(Dataset entries)
[Start of Attachment]

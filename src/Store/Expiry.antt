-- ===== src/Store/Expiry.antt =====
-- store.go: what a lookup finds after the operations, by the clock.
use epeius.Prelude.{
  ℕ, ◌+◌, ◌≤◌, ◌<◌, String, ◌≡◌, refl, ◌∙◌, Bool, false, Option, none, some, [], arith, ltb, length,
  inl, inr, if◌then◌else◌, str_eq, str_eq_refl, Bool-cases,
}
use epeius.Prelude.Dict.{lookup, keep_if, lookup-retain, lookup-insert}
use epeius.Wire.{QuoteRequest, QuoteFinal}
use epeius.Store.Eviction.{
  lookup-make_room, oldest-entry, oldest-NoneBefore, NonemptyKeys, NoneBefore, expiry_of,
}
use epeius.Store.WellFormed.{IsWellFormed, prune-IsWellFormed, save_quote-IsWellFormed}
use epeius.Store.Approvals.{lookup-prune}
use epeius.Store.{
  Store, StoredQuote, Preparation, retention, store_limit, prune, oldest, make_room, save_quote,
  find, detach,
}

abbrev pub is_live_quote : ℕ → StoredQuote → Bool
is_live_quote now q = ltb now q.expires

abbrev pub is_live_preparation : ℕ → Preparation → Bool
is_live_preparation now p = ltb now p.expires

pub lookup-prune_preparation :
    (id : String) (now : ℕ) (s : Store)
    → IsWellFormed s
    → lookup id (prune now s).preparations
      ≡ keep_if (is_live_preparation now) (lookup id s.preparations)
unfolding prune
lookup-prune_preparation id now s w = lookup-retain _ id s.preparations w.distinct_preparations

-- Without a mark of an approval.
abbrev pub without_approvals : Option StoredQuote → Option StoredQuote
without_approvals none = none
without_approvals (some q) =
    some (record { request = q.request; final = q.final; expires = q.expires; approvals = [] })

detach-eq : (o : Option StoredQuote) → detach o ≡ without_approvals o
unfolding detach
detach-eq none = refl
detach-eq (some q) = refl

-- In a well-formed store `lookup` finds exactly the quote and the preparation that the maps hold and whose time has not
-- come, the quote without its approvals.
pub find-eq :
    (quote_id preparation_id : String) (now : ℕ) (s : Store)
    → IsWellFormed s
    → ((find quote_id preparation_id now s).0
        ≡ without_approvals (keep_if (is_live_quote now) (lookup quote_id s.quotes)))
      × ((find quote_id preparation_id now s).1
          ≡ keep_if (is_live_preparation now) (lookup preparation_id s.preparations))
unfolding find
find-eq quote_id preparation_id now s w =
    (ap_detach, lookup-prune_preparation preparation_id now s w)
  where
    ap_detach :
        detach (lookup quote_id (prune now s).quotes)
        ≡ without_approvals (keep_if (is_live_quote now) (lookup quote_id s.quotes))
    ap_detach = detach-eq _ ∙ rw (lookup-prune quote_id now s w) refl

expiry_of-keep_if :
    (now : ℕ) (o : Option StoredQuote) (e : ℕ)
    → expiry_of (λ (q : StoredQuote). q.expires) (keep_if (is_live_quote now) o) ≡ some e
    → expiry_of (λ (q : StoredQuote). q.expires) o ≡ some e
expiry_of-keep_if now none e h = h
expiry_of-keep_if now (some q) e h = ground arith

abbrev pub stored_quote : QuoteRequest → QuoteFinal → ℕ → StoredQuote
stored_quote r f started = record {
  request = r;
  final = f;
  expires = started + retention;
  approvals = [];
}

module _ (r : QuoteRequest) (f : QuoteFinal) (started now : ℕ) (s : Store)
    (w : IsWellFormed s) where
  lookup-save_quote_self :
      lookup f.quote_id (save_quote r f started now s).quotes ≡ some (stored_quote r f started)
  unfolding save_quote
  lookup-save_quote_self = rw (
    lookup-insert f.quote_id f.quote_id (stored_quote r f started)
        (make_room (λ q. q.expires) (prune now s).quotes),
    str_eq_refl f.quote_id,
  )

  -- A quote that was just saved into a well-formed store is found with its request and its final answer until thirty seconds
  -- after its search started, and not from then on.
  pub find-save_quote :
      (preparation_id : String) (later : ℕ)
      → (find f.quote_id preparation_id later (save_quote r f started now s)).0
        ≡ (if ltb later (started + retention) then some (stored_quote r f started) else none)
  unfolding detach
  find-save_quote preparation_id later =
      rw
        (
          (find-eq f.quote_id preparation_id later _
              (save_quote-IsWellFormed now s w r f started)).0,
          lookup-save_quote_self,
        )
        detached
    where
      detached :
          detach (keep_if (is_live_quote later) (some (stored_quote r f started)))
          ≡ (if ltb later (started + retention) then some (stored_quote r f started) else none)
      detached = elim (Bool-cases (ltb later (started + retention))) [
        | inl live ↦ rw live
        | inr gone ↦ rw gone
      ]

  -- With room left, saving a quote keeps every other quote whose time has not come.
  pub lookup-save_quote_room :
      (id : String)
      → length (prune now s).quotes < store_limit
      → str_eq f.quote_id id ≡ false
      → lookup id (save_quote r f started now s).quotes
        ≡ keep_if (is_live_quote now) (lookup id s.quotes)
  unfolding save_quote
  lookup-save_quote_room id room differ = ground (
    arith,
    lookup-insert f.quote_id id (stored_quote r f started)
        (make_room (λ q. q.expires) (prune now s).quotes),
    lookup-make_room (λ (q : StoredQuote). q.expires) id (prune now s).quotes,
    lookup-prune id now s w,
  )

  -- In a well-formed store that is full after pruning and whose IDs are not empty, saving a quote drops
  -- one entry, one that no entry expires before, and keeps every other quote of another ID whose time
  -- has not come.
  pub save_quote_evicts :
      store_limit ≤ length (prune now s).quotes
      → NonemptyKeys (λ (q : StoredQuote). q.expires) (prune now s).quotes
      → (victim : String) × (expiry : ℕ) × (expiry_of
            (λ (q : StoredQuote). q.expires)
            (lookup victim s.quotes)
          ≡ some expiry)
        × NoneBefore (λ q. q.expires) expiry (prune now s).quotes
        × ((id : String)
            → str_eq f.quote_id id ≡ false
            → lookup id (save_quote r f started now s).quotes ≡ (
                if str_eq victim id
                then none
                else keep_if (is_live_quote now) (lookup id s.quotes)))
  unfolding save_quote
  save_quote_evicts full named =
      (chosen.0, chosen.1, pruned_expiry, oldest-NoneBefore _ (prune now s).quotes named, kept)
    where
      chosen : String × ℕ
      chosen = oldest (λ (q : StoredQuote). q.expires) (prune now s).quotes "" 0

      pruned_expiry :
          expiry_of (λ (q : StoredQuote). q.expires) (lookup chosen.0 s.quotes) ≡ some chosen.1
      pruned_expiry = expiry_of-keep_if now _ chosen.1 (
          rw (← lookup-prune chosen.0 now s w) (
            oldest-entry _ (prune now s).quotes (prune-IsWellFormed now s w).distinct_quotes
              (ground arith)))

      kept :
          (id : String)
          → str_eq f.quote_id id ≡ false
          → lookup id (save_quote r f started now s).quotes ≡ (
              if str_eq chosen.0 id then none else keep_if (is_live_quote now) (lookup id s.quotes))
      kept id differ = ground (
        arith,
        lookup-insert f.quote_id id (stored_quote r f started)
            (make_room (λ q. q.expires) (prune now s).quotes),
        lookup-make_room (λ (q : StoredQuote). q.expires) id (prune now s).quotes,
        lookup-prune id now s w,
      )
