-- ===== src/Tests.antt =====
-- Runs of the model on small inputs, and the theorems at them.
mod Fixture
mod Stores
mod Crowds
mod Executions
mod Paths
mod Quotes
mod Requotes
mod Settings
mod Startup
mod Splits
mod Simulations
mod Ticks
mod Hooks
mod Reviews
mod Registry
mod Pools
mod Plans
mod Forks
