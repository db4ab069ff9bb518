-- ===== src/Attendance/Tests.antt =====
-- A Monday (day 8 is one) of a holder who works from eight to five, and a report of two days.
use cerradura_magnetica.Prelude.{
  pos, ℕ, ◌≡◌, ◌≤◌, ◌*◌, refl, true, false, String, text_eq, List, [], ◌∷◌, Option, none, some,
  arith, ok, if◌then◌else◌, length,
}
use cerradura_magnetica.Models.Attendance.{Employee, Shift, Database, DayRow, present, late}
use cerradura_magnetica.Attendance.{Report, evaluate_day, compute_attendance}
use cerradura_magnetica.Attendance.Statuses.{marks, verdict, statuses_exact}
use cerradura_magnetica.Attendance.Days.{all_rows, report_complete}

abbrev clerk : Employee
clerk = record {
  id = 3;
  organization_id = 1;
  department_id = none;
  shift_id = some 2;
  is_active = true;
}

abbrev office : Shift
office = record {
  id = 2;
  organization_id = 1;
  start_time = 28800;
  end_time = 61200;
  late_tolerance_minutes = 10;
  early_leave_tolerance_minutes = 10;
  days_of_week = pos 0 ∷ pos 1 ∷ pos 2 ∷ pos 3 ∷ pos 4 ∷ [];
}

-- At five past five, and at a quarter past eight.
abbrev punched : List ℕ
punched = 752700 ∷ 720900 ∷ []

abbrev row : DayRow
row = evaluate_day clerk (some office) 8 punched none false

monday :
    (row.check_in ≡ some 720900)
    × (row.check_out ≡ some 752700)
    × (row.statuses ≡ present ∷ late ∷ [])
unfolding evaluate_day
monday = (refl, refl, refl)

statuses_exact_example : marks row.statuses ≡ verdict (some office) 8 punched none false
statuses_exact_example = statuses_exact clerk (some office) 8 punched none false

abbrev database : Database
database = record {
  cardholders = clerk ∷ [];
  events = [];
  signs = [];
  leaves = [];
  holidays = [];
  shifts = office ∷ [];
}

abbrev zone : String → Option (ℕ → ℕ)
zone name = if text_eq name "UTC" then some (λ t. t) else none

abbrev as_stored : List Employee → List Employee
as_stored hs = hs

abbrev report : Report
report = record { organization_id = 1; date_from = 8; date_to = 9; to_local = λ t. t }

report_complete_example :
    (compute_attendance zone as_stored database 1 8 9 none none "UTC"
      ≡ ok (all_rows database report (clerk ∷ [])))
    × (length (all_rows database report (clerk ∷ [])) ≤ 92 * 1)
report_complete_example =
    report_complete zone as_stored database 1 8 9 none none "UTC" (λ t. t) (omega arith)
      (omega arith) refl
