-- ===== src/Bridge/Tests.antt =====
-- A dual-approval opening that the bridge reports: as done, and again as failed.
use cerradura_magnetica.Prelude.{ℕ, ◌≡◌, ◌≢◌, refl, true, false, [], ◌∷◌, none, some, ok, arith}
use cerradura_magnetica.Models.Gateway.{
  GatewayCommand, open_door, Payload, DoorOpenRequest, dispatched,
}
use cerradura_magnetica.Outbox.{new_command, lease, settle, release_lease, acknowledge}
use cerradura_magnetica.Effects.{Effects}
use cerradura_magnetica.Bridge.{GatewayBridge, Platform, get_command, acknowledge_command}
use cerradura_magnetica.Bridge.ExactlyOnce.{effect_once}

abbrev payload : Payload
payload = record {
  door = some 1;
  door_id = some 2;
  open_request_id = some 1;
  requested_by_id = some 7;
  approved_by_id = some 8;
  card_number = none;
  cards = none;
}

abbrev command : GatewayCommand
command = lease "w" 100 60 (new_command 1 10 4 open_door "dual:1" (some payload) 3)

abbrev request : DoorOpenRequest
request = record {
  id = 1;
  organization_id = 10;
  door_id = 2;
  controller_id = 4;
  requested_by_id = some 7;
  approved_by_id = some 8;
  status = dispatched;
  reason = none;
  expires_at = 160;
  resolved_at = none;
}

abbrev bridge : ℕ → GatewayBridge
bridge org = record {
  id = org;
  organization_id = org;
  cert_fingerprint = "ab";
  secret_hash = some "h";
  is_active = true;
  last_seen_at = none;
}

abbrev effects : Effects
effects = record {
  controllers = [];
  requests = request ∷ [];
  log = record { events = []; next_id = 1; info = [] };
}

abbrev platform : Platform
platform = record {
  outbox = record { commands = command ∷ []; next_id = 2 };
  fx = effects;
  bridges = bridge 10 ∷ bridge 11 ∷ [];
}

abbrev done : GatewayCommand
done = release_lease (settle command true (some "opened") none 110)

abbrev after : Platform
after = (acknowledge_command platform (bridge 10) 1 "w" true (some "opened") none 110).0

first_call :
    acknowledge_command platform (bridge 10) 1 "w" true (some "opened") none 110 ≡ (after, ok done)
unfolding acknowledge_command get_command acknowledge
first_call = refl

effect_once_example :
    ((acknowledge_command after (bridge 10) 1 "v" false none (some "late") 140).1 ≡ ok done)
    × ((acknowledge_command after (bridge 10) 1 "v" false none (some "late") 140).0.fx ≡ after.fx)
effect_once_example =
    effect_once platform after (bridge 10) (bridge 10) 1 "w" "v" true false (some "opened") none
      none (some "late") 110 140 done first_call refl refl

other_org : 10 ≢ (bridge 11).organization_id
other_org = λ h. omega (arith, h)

[End of Attachment]

THE TASK:
Please, from the entries above, set down exactly the lines from the one containing "unfolding acknowledge_command get_command" through the one containing "effect_once platform after", and only those.

RESPONSE AREA:
unfolding acknowledge_command get_command acknowledge
first_call = refl

effect_once_example :
    ((acknowledge_command after (bridge 10) 1 "v" false none (some "late") 140).1 ≡ ok done)
    × ((acknowledge_command after (bridge 10) 1 "v" false none (some "late") 140).0.fx ≡ after.fx)
effect_once_example =
    effect_once platform after (bridge 10) (bridge 10) 1 "w" "v" true false (some "opened") none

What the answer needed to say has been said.